The relationship between Irene and Steve is absolutely peculiar. They bond over a shared personal narrative of being the most embarrassingly modest kind of rebels. See, Steve’s family has owned a printing press for generations, but he’s broken away in pursuit of his own fortune. Irene comes from aluminum-siding people, but she dreamed of combining her accounting degree with Hollywood glitz. They’re horniest for each other when finding new ways to maximize the bottom line. Chippendales starts selling merch, for example. And to keep their sexually primed clientele from going elsewhere to pick up men, they start charging men to come to the club after the strip show concludes. Is it love between Steve and Irene? Is it lust? Or is it simply unchecked greed masquerading as a dorky meet-cute?
So far, the story of Chippendales has been told as a case study in business development. It’s Denise, attempting to persuade Nick to hire her, who articulates what’s so powerful about Chippendales as a social phenomenon. The club doesn’t just appeal to women’s sexual fantasies; it speaks to their fantasies of taking control.

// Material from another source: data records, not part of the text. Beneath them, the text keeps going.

-- ===== src/Ospf/Invariant.antt =====
-- What holds in every state of the goroutines of internal/ingest/ospf.go.
use for_visibility.Prelude.{
  ℕ, ◌≡◌, refl, sym, ap, subst, Bool, true, false, ◌||◌, Option, none, some, List, [], ◌∷◌, ◌++◌,
  arith,
}
use for_visibility.Prelude.Assoc.{lookup}
use for_visibility.Text.{Bytes, bytes_eq}
use for_visibility.Ospf.{Ospf, Neighbors, parse_neighbors, parse_ospf_nbrs, reconcile}
use for_visibility.Ospf.Reconcile.{Distinct, IsSynced, iface_of, state_of, reconcile-snapshot}
use for_visibility.Ospf.Trigger.{
  signal, is_ospf, read_message, Syslog, unbound, draining, off, Worker, waiting, settling, asked,
  System, deliver, misses, new_ospf, started, Step, change, log_other, bind, bind_fails, drain,
  tick, receive, ask, ask_fails, store, Reach, start, later,
}

-- The ingester remembers the neighbors of `router`, with interface and state, and no other.
abbrev pub Remembers : Ospf → Neighbors → Type 0
Remembers o router =
    (rid : Bytes)
    → (lookup rid o.seen ≡ iface_of (lookup rid (parse_neighbors router)))
      × (lookup rid o.st ≡ state_of (lookup rid (parse_neighbors router)))

abbrev pub any_ospf : List Bytes → Bool
any_ospf [] = false
any_ospf (msg ∷ socket) = is_ospf msg || any_ospf socket

any_ospf-append :
    (socket : List Bytes) (msg : Bytes)
    → any_ospf (socket ++ msg ∷ []) ≡ (any_ospf socket || is_ospf msg)
any_ospf-append [] msg = ground arith
any_ospf-append (m ∷ socket) msg = ground (arith, any_ospf-append socket msg)

abbrev pub is_settling : Worker → Bool
is_settling waiting = false
is_settling settling = true
is_settling (asked out) = false

-- a query of vtysh is still to come, or the last one is no longer to be relied on
abbrev pub due : System → Bool
due s = s.lost || (s.pending || (any_ospf s.socket || is_settling s.worker))

-- what is known of the router when no query is to come
abbrev pub View : Worker → Ospf → Neighbors → Type 0
View waiting o router = Remembers o router
View settling o router = Unit
View (asked out) o router = out ≡ some (some router)

abbrev pub Answered : Worker → Type 0
Answered (asked (some out)) = Distinct (parse_ospf_nbrs out)
Answered (asked none) = Unit
Answered waiting = Unit
Answered settling = Unit

pub record Inv (s : System) : Type 0 where
  pub distinct : Distinct (parse_neighbors s.router)
  pub synced : IsSynced s.ospf
  pub answered : Answered s.worker
  pub fresh : due s ≡ false → View s.worker s.ospf s.router

reconcile-IsSynced :
    (o : Ospf) (out : Option (Option Neighbors))
    → IsSynced o
    → Answered (asked out)
    → IsSynced (reconcile o out).0
unfolding reconcile
reconcile-IsSynced o none synced d rid = synced rid
reconcile-IsSynced o (some out) synced d rid = (reconcile-snapshot o out synced d rid).2

pub reconcile-Remembers :
    (o : Ospf) (router : Neighbors)
    → IsSynced o
    → Distinct (parse_neighbors router)
    → Remembers (reconcile o (some (some router))).0 router
unfolding parse_ospf_nbrs
reconcile-Remembers o router synced d rid =
    let (seen, st, _) = reconcile-snapshot o (some router) synced d rid in (seen, st)

-- a logged change is in the socket, or counted as lost
deliver-noticed :
    (g : Syslog) (msg : Bytes) (socket : List Bytes)
    → is_ospf msg ≡ true
    → (misses g || any_ospf (deliver g msg socket)) ≡ true
unfolding deliver misses
deliver-noticed unbound msg socket about = refl
deliver-noticed draining msg socket about = ground (arith, about, any_ospf-append socket msg)
deliver-noticed off msg socket about = refl

deliver-kept :
    (g : Syslog) (msg : Bytes) (socket : List Bytes)
    → any_ospf (deliver g msg socket) ≡ false
    → any_ospf socket ≡ false
unfolding deliver
deliver-kept unbound msg socket h = h
deliver-kept draining msg socket h = ground (arith, any_ospf-append socket msg)
deliver-kept off msg socket h = h

module _ {s : System} (inv : Inv s) where
  open inv use {distinct, synced, answered, fresh}

  change-Inv :
      (router : Neighbors) (msg : Bytes)
      → Distinct (parse_neighbors router)
      → is_ospf msg ≡ true
      → Inv (record s {
        router = router;
        socket = deliver s.syslog msg s.socket;
        lost = s.lost || misses s.syslog;
      })
  change-Inv router msg d about = record {
    distinct = d;
    synced = synced;
    answered = answered;
    fresh = λ quiet. absurd (ground (arith, deliver-noticed s.syslog msg s.socket about));
  }

  log_other-Inv : (msg : Bytes) → Inv (record s { socket = deliver s.syslog msg s.socket })
  log_other-Inv msg = record {
    distinct = distinct;
    synced = synced;
    answered = answered;
    fresh = λ quiet. fresh (ground (arith, deliver-kept s.syslog msg s.socket));
  }

  drain-Inv :
      (msg : Bytes) (rest : List Bytes)
      → s.socket ≡ msg ∷ rest
      → Inv (record s { socket = rest; pending = read_message msg s.pending })
  unfolding read_message signal
  drain-Inv msg rest e = record {
    distinct = distinct;
    synced = synced;
    answered = answered;
    fresh = λ quiet. fresh (ground (arith, ap any_ospf e));
  }

  store-Inv :
      (out : Option (Option Neighbors))
      → s.worker ≡ asked out
      → Inv (record s { worker = waiting; ospf = (reconcile s.ospf out).0 })
  store-Inv out e = record {
    distinct = distinct;
    synced = reconcile-IsSynced s.ospf out synced (subst Answered e answered);
    answered = tt;
    fresh = λ quiet.
        subst (λ o. Remembers (reconcile s.ospf o).0 s.router) (sym (is_now quiet))
          (reconcile-Remembers s.ospf s.router synced distinct);
  }
    where
      is_now :
          (s.lost || (s.pending || (any_ospf s.socket || false))) ≡ false
          → out ≡ some (some s.router)
      is_now quiet =
          subst (λ w. View w s.ospf s.router) e (fresh (ground (arith, ap is_settling e)))

Step-Inv : {fallback : ℕ} {s t : System} → Step fallback s t → Inv s → Inv t
unfolding signal parse_ospf_nbrs
Step-Inv (change router msg d about) inv = change-Inv inv router msg d about
Step-Inv (log_other msg) inv = log_other-Inv inv msg
Step-Inv (bind e) inv = record {
  distinct = inv.distinct;
  synced = inv.synced;
  answered = inv.answered;
  fresh = inv.fresh;
}
Step-Inv (bind_fails e) inv = record {
  distinct = inv.distinct;
  synced = inv.synced;
  answered = inv.answered;
  fresh = inv.fresh;
}
Step-Inv (drain msg rest on e) inv = drain-Inv inv msg rest e
Step-Inv {s} (tick on) inv = record {
  distinct = inv.distinct;
  synced = inv.synced;
  answered = inv.answered;
  fresh = λ quiet. absurd (ground arith);
}
Step-Inv {s} (receive e trigger) inv = record {
  distinct = inv.distinct;
  synced = inv.synced;
  answered = tt;
  fresh = λ quiet. absurd (ground arith);
}
Step-Inv (ask e) inv = record {
  distinct = inv.distinct;
  synced = inv.synced;
  answered = inv.distinct;
  fresh = λ quiet. refl;
}
Step-Inv (ask_fails e) inv = record {
  distinct = inv.distinct;
  synced = inv.synced;
  answered = tt;
  fresh = λ quiet. absurd (ground arith);
}
Step-Inv (store out e) inv = store-Inv inv out e

started-Inv :
    (router : Neighbors) (answers : Bool)
    → Distinct (parse_neighbors router)
    → Inv (started router answers)
unfolding started new_ospf lookup parse_ospf_nbrs parse_neighbors
started-Inv router true d = record {
  distinct = d;
  synced = reconcile-IsSynced new_ospf (some (some router)) (λ rid e. refl) d;
  answered = tt;
  fresh = λ quiet. reconcile-Remembers new_ospf router (λ rid e. refl) d;
}
started-Inv router false d = record {
  distinct = d;
  synced = reconcile-IsSynced new_ospf none (λ rid e. refl) tt;
  answered = tt;
  fresh = λ quiet. absurd (ground arith);
}

pub Reach-Inv : {fallback : ℕ} {s : System} → Reach fallback s → Inv s
Reach-Inv (start router answers d) = started-Inv router answers d
Reach-Inv (later r st) = Step-Inv st (Reach-Inv r)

And the issue of “control” is quickly proving to be toxic among the so-called geniuses. Steve is suspicious of anyone but Irene — no matter their qualifications. Nick, who has been promised full creative control of the show, is threatened by Otis’s increased involvement on the business side of the operation. Steve started Chippendales with his own money, but it’s Nick’s choreography that’s become synonymous with the brand. Is Chippendales a bar, or is it the burlesque show that happens inside the bar? One thing is already clear from this two-episode premiere: Despite its milieu, this isn’t a series about women’s empowerment at all.